-- Required work --
After reading the entries below, report how many lines have the string "absurd" in them, giving the number alone.

Records excerpted from a collection:
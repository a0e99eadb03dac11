-- ===== src/Reconfigurable/Routes/Relax.antt =====
-- One round of the search: what the loop over the targets of a device does to distances, parents
-- and queue.
use astra_network_analytical.Base.{
  ℕ, zero, suc, ◌+◌, ◌≤◌, ◌<◌, ◌≡◌, ◌≢◌, refl, sym, ◌⊎◌, inl, inr, List, [], ◌∷◌, ◌++◌, length,
  get_or, set, All, All-append, none, some, ◌==◌, if◌then◌else◌, arith, Bool-cases, length-set,
  get_or-set_self, get_or-set_ne,
}
use astra_network_analytical.Reconfigurable.Routes.{inf, Search, dist_of, parent_of, relax}

-- The devices that the search has not reached.
abbrev pub unseen : List ℕ → ℕ
unseen [] = 0
unseen (d ∷ ds) = if d == inf then suc (unseen ds) else unseen ds

pub unseen-set :
    (ds : List ℕ) (v x : ℕ)
    → v < length ds
    → get_or ds v inf ≡ inf
    → x < inf
    → suc (unseen (set ds v x)) ≡ unseen ds
unseen-set [] v x h e l = absurd (omega arith)
unseen-set (d ∷ ds) zero x h e l = ground arith
unseen-set (d ∷ ds) (suc v) x h e l = ground (arith, unseen-set ds v x)

unseen_pos : (ds : List ℕ) (v : ℕ) → v < length ds → get_or ds v inf ≡ inf → 0 < unseen ds
unseen_pos [] v h e = absurd (omega arith)
unseen_pos (d ∷ ds) zero h e = ground arith
unseen_pos (d ∷ ds) (suc v) h e = ground (arith, unseen_pos ds v)

-- Device v is reached from u: its entries are written, and it joins the queue.
pub record Reaches (u v : ℕ) (s t : Search) : Type 0 where
  pub fresh : dist_of s v ≡ inf
  pub dist_at : dist_of t v ≡ dist_of s u + 1
  pub parent_at : parent_of t v ≡ some u
  pub dist_off : (j : ℕ) → j ≢ v → dist_of t j ≡ dist_of s j
  pub parent_off : (j : ℕ) → j ≢ v → parent_of t j ≡ parent_of s j
  pub queue_is : t.queue ≡ s.queue ++ v ∷ []
  pub sizes : (length t.dist ≡ length s.dist) × (length t.parent ≡ length s.parent)
  pub some_left : 0 < unseen s.dist
  pub fewer : dist_of s u + 1 < inf → suc (unseen t.dist) ≡ unseen s.dist

pub relax-cases :
    (u v : ℕ) (s : Search)
    → v < length s.dist
    → v < length s.parent
    → Reaches u v s (relax u s v) ⊎ (relax u s v ≡ s) × (dist_of s v ≢ inf)
unfolding relax
relax-cases u v s h k = elim (Bool-cases (dist_of s v == inf)) [
  | inl new ↦
      let unreached : dist_of s v ≡ inf = ground arith in
      inl (
        rw new (record {
          fresh = unreached;
          dist_at = get_or-set_self s.dist v (dist_of s u + 1) inf h;
          parent_at = get_or-set_self s.parent v (some u) none k;
          dist_off = λ j ne. get_or-set_ne s.dist v j (dist_of s u + 1) inf (λ e. ne (sym e));
          parent_off = λ j ne. get_or-set_ne s.parent v j (some u) none (λ e. ne (sym e));
          queue_is = refl;
          sizes = (length-set s.dist v (dist_of s u + 1), length-set s.parent v (some u));
          some_left = unseen_pos s.dist v h unreached;
          fewer = λ small. unseen-set s.dist v (dist_of s u + 1) h unreached small;
        }))
  | inr old ↦ inr (rw old refl, λ e. ground arith)
]

-- The queue is in the order of the distances.
abbrev pub IsSorted : Search → List ℕ → Type 0
IsSorted s [] = Unit
IsSorted s (w ∷ ws) = All (λ x. dist_of s w ≤ dist_of s x) ws × IsSorted s ws

pub IsSorted-snoc :
    (s : Search) (ws : List ℕ) (v : ℕ)
    → IsSorted s ws
    → All (λ w. dist_of s w ≤ dist_of s v) ws
    → IsSorted s (ws ++ v ∷ [])
IsSorted-snoc s [] v h a = (tt, tt)
IsSorted-snoc s (w ∷ ws) v h a = (
  All-append (λ x. dist_of s w ≤ dist_of s x) ws (v ∷ []) h.0 (a.0, tt),
  IsSorted-snoc s ws v h.1 a.1,
)

-- Distances that agree on a list sort it alike.
pub IsSorted-agree :
    (s t : Search) (ws : List ℕ)
    → All (λ w. dist_of t w ≡ dist_of s w) ws
    → IsSorted s ws
    → IsSorted t ws
IsSorted-agree s t [] a h = tt
IsSorted-agree s t (w ∷ ws) a h = (agree ws a.1 h.0, IsSorted-agree s t ws a.1 h.1)
  where
    agree :
        (xs : List ℕ)
        → All (λ x. dist_of t x ≡ dist_of s x) xs
        → All (λ x. dist_of s w ≤ dist_of s x) xs
        → All (λ x. dist_of t w ≤ dist_of t x) xs
    agree [] b l = tt
    agree (x ∷ xs) b l = (omega (arith, a.0, b.0, l.0), agree xs b.1 l.1)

-- Answer to this task --
2